🤖 AI Summary
To address the challenge of manual partitioning and the difficulty in jointly optimizing energy efficiency and performance for irregular workloads on heterogeneous GPU+FPGA systems, this paper proposes DyPe, a dynamic, data- and operator-parallelism–aware adaptive scheduling framework. Its core contribution is the first data-driven, multi-objective, multi-constraint dynamic mapping optimization method capable of Pareto-optimal configuration search. DyPe integrates runtime data-feature analysis, cross-device operator-level parallel scheduling, peer-to-peer (P2P) memory transfer optimization, and holistic heterogeneous resource modeling. Evaluated across 86 real-world scenarios on a physical platform, DyPe achieves globally optimal performance in 77 cases. On average, it improves throughput by 1.53× over static scheduling and 1.44× over GPU-only execution, while enhancing energy efficiency by 1.09× and 1.66×, respectively.
📝 Abstract
Current approaches to scheduling workloads on heterogeneous systems with specialized accelerators often rely on manual partitioning, offloading tasks with specific compute patterns to accelerators. This method requires extensive experimentation and human effort to identify the tasks suitable for the accelerator. To solve this problem, we introduce DyPe, a scheduling framework tailored for heterogeneous systems with specialized accelerators. Our method automatically partitions, deploys, and reschedules execution when necessary by dynamically analyzing the characteristics of the input data and leveraging the interoperator parallelism among heterogeneous devices. DyPe navigates a multi-objective, multi-constraint design space that considers both system constraints and application requirements, which allows it to discover Pareto-optimal mapping configurations, improving the system's overall performance and effectively managing energy-performance trade-offs. To demonstrate the benefits of our approach on real hardware, we build a heterogeneous system of GPUs and FPGAs with peer-to-peer data transfers.
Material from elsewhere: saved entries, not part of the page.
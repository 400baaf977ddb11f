-- ===== src/Ecg/Insert.antt =====
-- What `insert_header` does on each of its branches.
use mathlib.Core.Path.{subst}
use ossa.Prelude.{
  ℕ, ◌≡◌, refl, sym, ◌∙◌, ap, inl, inr, ◌+◌, ◌-◌, ◌^◌, ◌%◌, Bool, true, false, Bool-cases, none,
  some, ◌⊎◌, List, [], ◌∷◌, map, Ord, beq, beq_iff, contains, set_insert, contains-set_insert,
  if◌then◌else◌, nat_ord, arith,
}
use ossa.Ecg.StableDag.{Dag}
use ossa.Ecg.{
  EcgHeader, NodeInfo, State, get_node, knows, find_parents, remove_all, insert_node, insert_new,
  insert_header,
}
use ossa.Ecg.WellFormed.{
  is_nil, is_root, index, Known, all_known, least, depth_below, IsWellFormed, accepts, Inserted,
}
use ossa.Ecg.InsertNode.{contains-remove_all, Known-of_all, find_parents_lem, insert_node_lem}
use ossa.Ecg.Preserve.{contains-unknown, Inserted-IsWellFormed}

module _ {HeaderId Header : Type 0} ⦃o : Ord HeaderId⦄ {dag : Dag HeaderId} where
  module _ (ecg : EcgHeader HeaderId Header) (st : State Header dag) (wf : IsWellFormed ecg st)
      (header : Header) (operations : List ℕ) where
    parents_of : List HeaderId
    parents_of = ecg.get_parent_ids header

    header_id : HeaderId
    header_id = ecg.get_header_id header

    -- what the call gives when it inserts
    abbrev pub Success : State Header dag × Bool → Type 0
    Success r =
        (st' : State Header dag) × (info : NodeInfo Header) × (info.header ≡ header)
        × (info.operations ≡ operations)
        × (r ≡ (st', true))
        × Inserted ecg st (ecg.get_header_id header) info st'

    insert_new_root :
        get_node st header_id ≡ none
        → [] ≡ parents_of
        → Success (insert_new st header_id header [] operations)
    unfolding insert_new parents_of header_id is_nil depth_below is_root contains
    insert_new_root u e =
        let absent : contains header_id st.root_nodes ≡ false =
          ground (arith, wf.roots header_id) in
        let (st', info, h, os, r, ins) =
          insert_node_lem ecg st wf header operations (set_insert header_id st.root_nodes)
            (set_insert header_id st.tips) 1 u (subst (Known st) e tt) (ap (depth_below st) e)
            (λ q.
              contains-set_insert header_id q st.root_nodes
              ∙ ap (λ ps. if beq q header_id then is_nil ps else contains q st.root_nodes) e)
            (λ q.
              contains-set_insert header_id q st.tips
              ∙ ap
                  (λ ps.
                    if beq q header_id
                    then true
                    else if contains q ps
                    then false
                    else contains q st.tips)
                  e) in
        (
          st',
          info,
          h,
          os,
          rw absent (
              ap
                (λ ps.
                  insert_node
                    (record st {
                      root_nodes = set_insert header_id st.root_nodes;
                      tips = set_insert header_id st.tips;
                    })
                    header_id header operations (map (index st) ps) 1)
                e
              ∙ r),
          ins,
        )

    old_root :
        get_node st header_id ≡ none
        → (q : HeaderId)
        → contains q st.root_nodes ≡ (if beq q header_id then false else contains q st.root_nodes)
    unfolding is_root
    old_root u q = ground (arith, wf.roots header_id, beq_iff q header_id)

    insert_new_unknown :
        (p : HeaderId) (ps : List HeaderId)
        → all_known st (p ∷ ps) ≡ false
        → insert_new st header_id header (p ∷ ps) operations ≡ (st, false)
    unfolding insert_new
    insert_new_unknown p ps k =
        let missing : find_parents st (2 ^ 64 - 1) (p ∷ ps) ≡ none =
          find_parents_lem st (2 ^ 64 - 1) (p ∷ ps) ∙ rw k refl in
        rw (missing, insert_new) refl

    insert_new_child :
        (p : HeaderId) (ps : List HeaderId)
        → get_node st header_id ≡ none
        → p ∷ ps ≡ parents_of
        → all_known st (p ∷ ps) ≡ true
        → Success (insert_new st header_id header (p ∷ ps) operations)
    unfolding insert_new parents_of header_id is_nil depth_below contains
    insert_new_child p ps u e k =
        let depth' = (least st (2 ^ 64 - 1) (p ∷ ps) + 1) % 2 ^ 64 in
        let tips = set_insert header_id (remove_all (p ∷ ps) st.tips) in
        let found : find_parents st (2 ^ 64 - 1) (p ∷ ps)
            ≡ some (map (index st) (p ∷ ps), least st (2 ^ 64 - 1) (p ∷ ps)) =
          find_parents_lem st (2 ^ 64 - 1) (p ∷ ps) ∙ rw k refl in
        let absent : contains header_id (p ∷ ps) ≡ false =
          contains-unknown st header_id (p ∷ ps) u (Known-of_all st (p ∷ ps) k) in
        let (st', info, h, os, r, ins) =
          insert_node_lem ecg st wf header operations st.root_nodes tips depth' u
            (subst (Known st) e (Known-of_all st (p ∷ ps) k)) (ap (depth_below st) e)
            (λ q.
              old_root u q
              ∙ ap (λ xs. if beq q header_id then is_nil xs else contains q st.root_nodes) e)
            (λ q.
              contains-set_insert header_id q (remove_all (p ∷ ps) st.tips)
              ∙ (ap (λ b. if beq q header_id then true else b)
                    (contains-remove_all (p ∷ ps) st.tips q)
                  ∙ ap
                      (λ xs.
                        if beq q header_id
                        then true
                        else if contains q xs
                        then false
                        else contains q st.tips)
                      e)) in
        (
          st',
          info,
          h,
          os,
          ap
                (λ x. elim x [
                  | none ↦ (st, false)
                  | some (parent_idxs, d) ↦
                      insert_node (record st { tips = tips }) header_id header operations
                        parent_idxs ((d + 1) % 2 ^ 64)
                ])
                found
              ∙ (ap
                    (λ xs.
                      insert_node (record st { tips = tips }) header_id header operations
                        (map (index st) xs) depth')
                    e
                  ∙ r),
          ins,
        )

    insert_new_cases :
        (ps : List HeaderId)
        → get_node st header_id ≡ none
        → ps ≡ parents_of
        → ((all_known st ps ≡ false) × (insert_new st header_id header ps operations ≡ (st, false)))
          ⊎ ((all_known st ps ≡ true) × Success (insert_new st header_id header ps operations))
    unfolding all_known
    insert_new_cases [] u e = inr (refl, insert_new_root u e)
    insert_new_cases (p ∷ ps) u e = elim (Bool-cases (all_known st (p ∷ ps))) [
      | inl k ↦ inr (k, insert_new_child p ps u e k)
      | inr k ↦ inl (k, insert_new_unknown p ps k)
    ]

    unknown_of_knows : knows st header_id ≡ false → get_node st header_id ≡ none
    unfolding knows
    unknown_of_knows k = ground arith

    -- Each branch of `insert_header`, in a well-formed state. A header that is not valid, or is known, or
    -- has an unknown parent is refused, and the state is as it was. Any other is inserted.
    pub insert_header_lem :
        ((accepts ecg st header ≡ false) × (insert_header ecg st header operations ≡ (st, false)))
        ⊎ ((accepts ecg st header ≡ true) × Success (insert_header ecg st header operations))
    unfolding insert_header accepts header_id parents_of
    insert_header_lem = elim (Bool-cases (ecg.validate_header header header_id)) [
      | inr h ↦ inl (ground arith, ground arith)
      | inl h ↦ elim (Bool-cases (knows st header_id)) [
        | inl k ↦ inl (ground arith, ground arith)
        | inr k ↦
            let through : insert_header ecg st header operations
                ≡ insert_new st header_id header parents_of operations =
              ground arith in
            elim (insert_new_cases parents_of (unknown_of_knows k) refl) [
              | inl (a, r) ↦ inl (ground arith, through ∙ r)
              | inr (a, s) ↦ inr (ground arith, subst Success (sym through) s)
            ]
      ]
    ]

    -- `insert_header` keeps a state well formed, whatever header it is given.
    pub insert_header-IsWellFormed : IsWellFormed ecg (insert_header ecg st header operations).0
    insert_header-IsWellFormed = elim insert_header_lem [
      | inl (a, r) ↦ subst (λ x. IsWellFormed ecg x.0) (sym r) wf
      | inr (a, (st', info, h, os, r, ins)) ↦
          subst (λ x. IsWellFormed ecg x.0) (sym r) (Inserted-IsWellFormed ecg wf ins)
    ]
The experiments show that conventional static scheduling is optimal for 13 out of 86 cases for different workloads and system settings while DyPe is adaptable and able to find the optimal schedule in 77 out of 86 cases, with an average of only 3.95% performance or energy efficiency loss in the sub-optimal cases. Performance evaluation of DyPe shows an average of 1.53x throughput and 1.09x energy efficiency improvement over the static schedule baseline and 1.44x throughput and 1.66x energy efficiency over the GPU-only baseline.